For information on enabling and disabling cookies in the most popular browsers follow these links:
If you do not change the settings of your browser, cookies will remain enabled. If you block cookies or disable some types of cookies, you may be prevented from using all functions of a given site or interfere in its proper functioning.
Our website uses both session cookies as well as persistent cookies. We use them for the following purposes:
- statistics, facilitating improvement to site content and structure,
- keeping the user’s session open.
In order to function correctly, websites collect the following information: name and version of the browser, language settings, date and time of the server request, IP from which was sent, the requested URL. The data are collected to ensure the website functions correctly.

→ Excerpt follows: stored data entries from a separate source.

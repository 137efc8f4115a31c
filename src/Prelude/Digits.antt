-- ===== src/Prelude/Digits.antt =====
-- Unsigned numbers as text: `{}` and `{:016x}`.
use Prim.Native.Nat.{ℕ, zero, suc, ◌+◌, ◌-◌, ◌*◌, ◌/◌, ◌%◌, ◌^◌, ◌<◌}
use mathlib.Core.Path.{◌≡◌, refl, ap, sym, ◌∙◌}
use mathlib.Core.Logic.{inl, inr}
use mathlib.Core.Bool.{Bool, true, false, ◌&&◌}
use mathlib.Core.Option.{Option, none, some}
use mathlib.Core.List.{[], ◌∷◌, reverse, reverse-reverse}
use native.Mathlib.Omega.{arith}
use lokan_os.Prelude.Tests.{ltb, ◌==◌, if◌then◌else◌, Bool-cases}
use lokan_os.Prelude.Text.{Text, is_ascii_digit}

-- At most `k` digits before those of `acc`.
decimal_from : ℕ → ℕ → Text → Text
decimal_from zero n acc = acc
decimal_from (suc k) n acc =
    let more = decimal_from k (n / 10) ((b'0' + n % 10) ∷ acc) in
    if ltb n 10 then (b'0' + n) ∷ acc else more

-- `{}` of a u64, which has at most 20 digits
unfoldable pub decimal : ℕ → Text
unfolding decimal_from
decimal n = decimal_from 20 n []

abbrev pub hex_char : ℕ → ℕ
hex_char d = if ltb d 10 then b'0' + d else 87 + d

-- The last `k` hexadecimal digits, the lowest first.
unfoldable pub low_digits : ℕ → ℕ → Text
low_digits zero n = []
low_digits (suc k) n = hex_char (n % 16) ∷ low_digits k (n / 16)

-- `{:016x}` of a u64
unfoldable pub hex_16 : ℕ → Text
unfolding low_digits
hex_16 n = reverse (low_digits 16 n)

-- `{:04x}` of a code point below 2^16
unfoldable pub hex_4 : ℕ → Text
unfolding low_digits
hex_4 n = reverse (low_digits 4 n)

abbrev pub hex_value : ℕ → ℕ
hex_value c = if ltb c b'a' then c - b'0' else c - 87

-- The number of digits that are given with the lowest first.
low_value : Text → ℕ
low_value [] = 0
low_value (c ∷ s) = hex_value c + 16 * low_value s

pub hex_value-hex_char : (d : ℕ) → d < 16 → hex_value (hex_char d) ≡ d
hex_value-hex_char d h = ground arith

low_value-low_digits : (k n : ℕ) → n < 16 ^ k → low_value (low_digits k n) ≡ n
unfolding low_value low_digits
low_value-low_digits zero n h = omega arith
low_value-low_digits (suc k) n h = omega (
  arith,
  hex_value-hex_char (n % 16) (omega arith),
  low_value-low_digits k (n / 16) (omega arith),
)

pub hex_16_inj : (n m : ℕ) → n < 2 ^ 64 → m < 2 ^ 64 → hex_16 n ≡ hex_16 m → n ≡ m
unfolding hex_16
hex_16_inj n m hn hm h =
    sym (low_value-low_digits 16 n hn)
    ∙ ap low_value
        (sym (reverse-reverse (low_digits 16 n)) ∙ ap reverse h ∙ reverse-reverse (low_digits 16 m))
    ∙ low_value-low_digits 16 m hm

-- What a text of digits says after the digits that say `n`.
value_from : ℕ → Text → ℕ
value_from n [] = n
value_from n (c ∷ s) = value_from (10 * n + (c - b'0')) s

value_from-decimal_from :
    (k n : ℕ) (acc : Text) → n < 10 ^ k → value_from 0 (decimal_from k n acc) ≡ value_from n acc
unfolding value_from decimal_from
value_from-decimal_from zero n acc h = ap (λ m. value_from m acc) (omega arith)
value_from-decimal_from (suc k) n acc h = elim (Bool-cases (ltb n 10)) [
  | inl small ↦ rw small (ap (λ m. value_from m acc) (omega arith))
  | inr large ↦ rw large (
      value_from-decimal_from k (n / 10) ((b'0' + n % 10) ∷ acc) (omega arith)
      ∙ ap (λ m. value_from m acc) (omega arith))
]

pub decimal_inj : (n m : ℕ) → n < 2 ^ 64 → m < 2 ^ 64 → decimal n ≡ decimal m → n ≡ m
unfolding decimal value_from
decimal_inj n m hn hm h =
    sym (value_from-decimal_from 20 n [] (omega arith))
    ∙ ap (value_from 0) h
    ∙ value_from-decimal_from 20 m [] (omega arith)

-- The digits that are left of a number below `limit`, after those that say `n`.
parse_digits : ℕ → ℕ → Text → Option ℕ
parse_digits limit n [] = some n
parse_digits limit n (c ∷ s) =
    let m = 10 * n + (c - b'0') in
    let rest = parse_digits limit m s in if is_ascii_digit c && ltb m limit then rest else none

after_sign : ℕ → ℕ → Text → Option ℕ
unfolding parse_digits
after_sign limit c [] = parse_digits limit 0 (c ∷ [])
after_sign limit c (d ∷ s) =
    if c == b'+' then parse_digits limit 0 (d ∷ s) else parse_digits limit 0 (c ∷ d ∷ s)

-- `parse` of an unsigned number below `limit`, which is `none` where Rust has an error
unfoldable pub parse_unsigned : ℕ → Text → Option ℕ
unfolding after_sign
parse_unsigned limit [] = none
parse_unsigned limit (c ∷ s) = after_sign limit c s

parse_digits-digit :
    (limit m d n : ℕ) (acc : Text)
    → d < 10
    → 10 * m + d ≡ n
    → parse_digits limit m ((b'0' + d) ∷ acc)
      ≡ (if ltb n limit then parse_digits limit n acc else none)
unfolding parse_digits
parse_digits-digit limit m d n acc small e =
    let same : 10 * m + (b'0' + d - b'0') ≡ n = omega arith in
    ap
      (λ (k : ℕ).
        if is_ascii_digit (b'0' + d) && ltb k limit then parse_digits limit k acc else none)
      same
    ∙ ground arith

parse_digits-decimal_from :
    (limit k n : ℕ) (acc : Text)
    → n < 10 ^ k
    → 0 < limit
    → parse_digits limit 0 (decimal_from k n acc)
      ≡ (if ltb n limit then parse_digits limit n acc else none)
unfolding parse_digits decimal_from
parse_digits-decimal_from limit zero n acc h pos =
    let none_left : n ≡ 0 = omega arith in rw none_left (ground (arith, pos))
parse_digits-decimal_from limit (suc k) n acc h pos = elim (Bool-cases (ltb n 10)) [
  | inl small ↦ rw small (parse_digits-digit limit 0 n n acc (ground arith) (omega arith))
  | inr large ↦ rw large (
      parse_digits-decimal_from limit k (n / 10) ((b'0' + n % 10) ∷ acc) (omega arith) pos
      ∙ ground
          (arith, parse_digits-digit limit (n / 10) (n % 10) n acc (omega arith) (omega arith)))
]

mod_ten : (n : ℕ) → n % 10 < 10
mod_ten n = omega arith

starts_with_digit : Text → Bool
starts_with_digit [] = false
starts_with_digit (c ∷ s) = is_ascii_digit c

starts_with_digit-decimal_from :
    (k n c : ℕ) (acc : Text)
    → is_ascii_digit c ≡ true
    → starts_with_digit (decimal_from k n (c ∷ acc)) ≡ true
unfolding starts_with_digit decimal_from
starts_with_digit-decimal_from zero n c acc h = h
starts_with_digit-decimal_from (suc k) n c acc h = elim (Bool-cases (ltb n 10)) [
  | inl small ↦ rw small (ground arith)
  | inr large ↦ rw large (
      starts_with_digit-decimal_from k (n / 10) (b'0' + n % 10) (c ∷ acc)
        (ground (arith, mod_ten n)))
]

starts_with_digit-decimal_from_nil :
    (k n : ℕ) → starts_with_digit (decimal_from (suc k) n []) ≡ true
unfolding starts_with_digit decimal_from
starts_with_digit-decimal_from_nil k n = elim (Bool-cases (ltb n 10)) [
  | inl small ↦ rw small (ground arith)
  | inr large ↦
      rw large
        (starts_with_digit-decimal_from k (n / 10) (b'0' + n % 10) [] (ground (arith, mod_ten n)))
]

starts_with_digit-decimal : (n : ℕ) → starts_with_digit (decimal n) ≡ true
unfolding decimal
starts_with_digit-decimal n = starts_with_digit-decimal_from_nil 19 n

parse_unsigned_lem :
    (limit : ℕ) (s : Text)
    → starts_with_digit s ≡ true
    → parse_unsigned limit s ≡ parse_digits limit 0 s
unfolding parse_unsigned starts_with_digit
parse_unsigned_lem limit [] h = cc
parse_unsigned_lem limit (c ∷ []) h = refl
parse_unsigned_lem limit (c ∷ d ∷ s) h = ground (arith, h)

parse_digits-decimal :
    (limit n : ℕ)
    → n < 2 ^ 64
    → 0 < limit
    → parse_digits limit 0 (decimal n) ≡ (if ltb n limit then some n else none)
unfolding decimal parse_digits
parse_digits-decimal limit n h pos = parse_digits-decimal_from limit 20 n [] (omega arith) pos

-- A number that is printed is read again, if it is below the limit.
pub parse_unsigned-decimal :
    (limit n : ℕ)
    → n < 2 ^ 64
    → 0 < limit
    → parse_unsigned limit (decimal n) ≡ (if ltb n limit then some n else none)
parse_unsigned-decimal limit n h pos =
    parse_unsigned_lem limit (decimal n) (starts_with_digit-decimal n)
    ∙ parse_digits-decimal limit n h pos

Google collects data on its servers obtained from cookies it placed on devices and uses this information in order to assess website usage by a user, create reports on website traffic for website operators and to provide other services associated with website traffic and Internet use. Google may also provide this information to third parties if it is obliged to do pursuant to the provision of law or if those entities process such information on behalf of Google.
The data collected by our website are not disclosed or made available to third parties with the exception of enforcement bodies authorised to conduct criminal proceedings instigated in conjunction with a request we submitted. This will only take place if you engage in unlawful activity or activity to our detriment.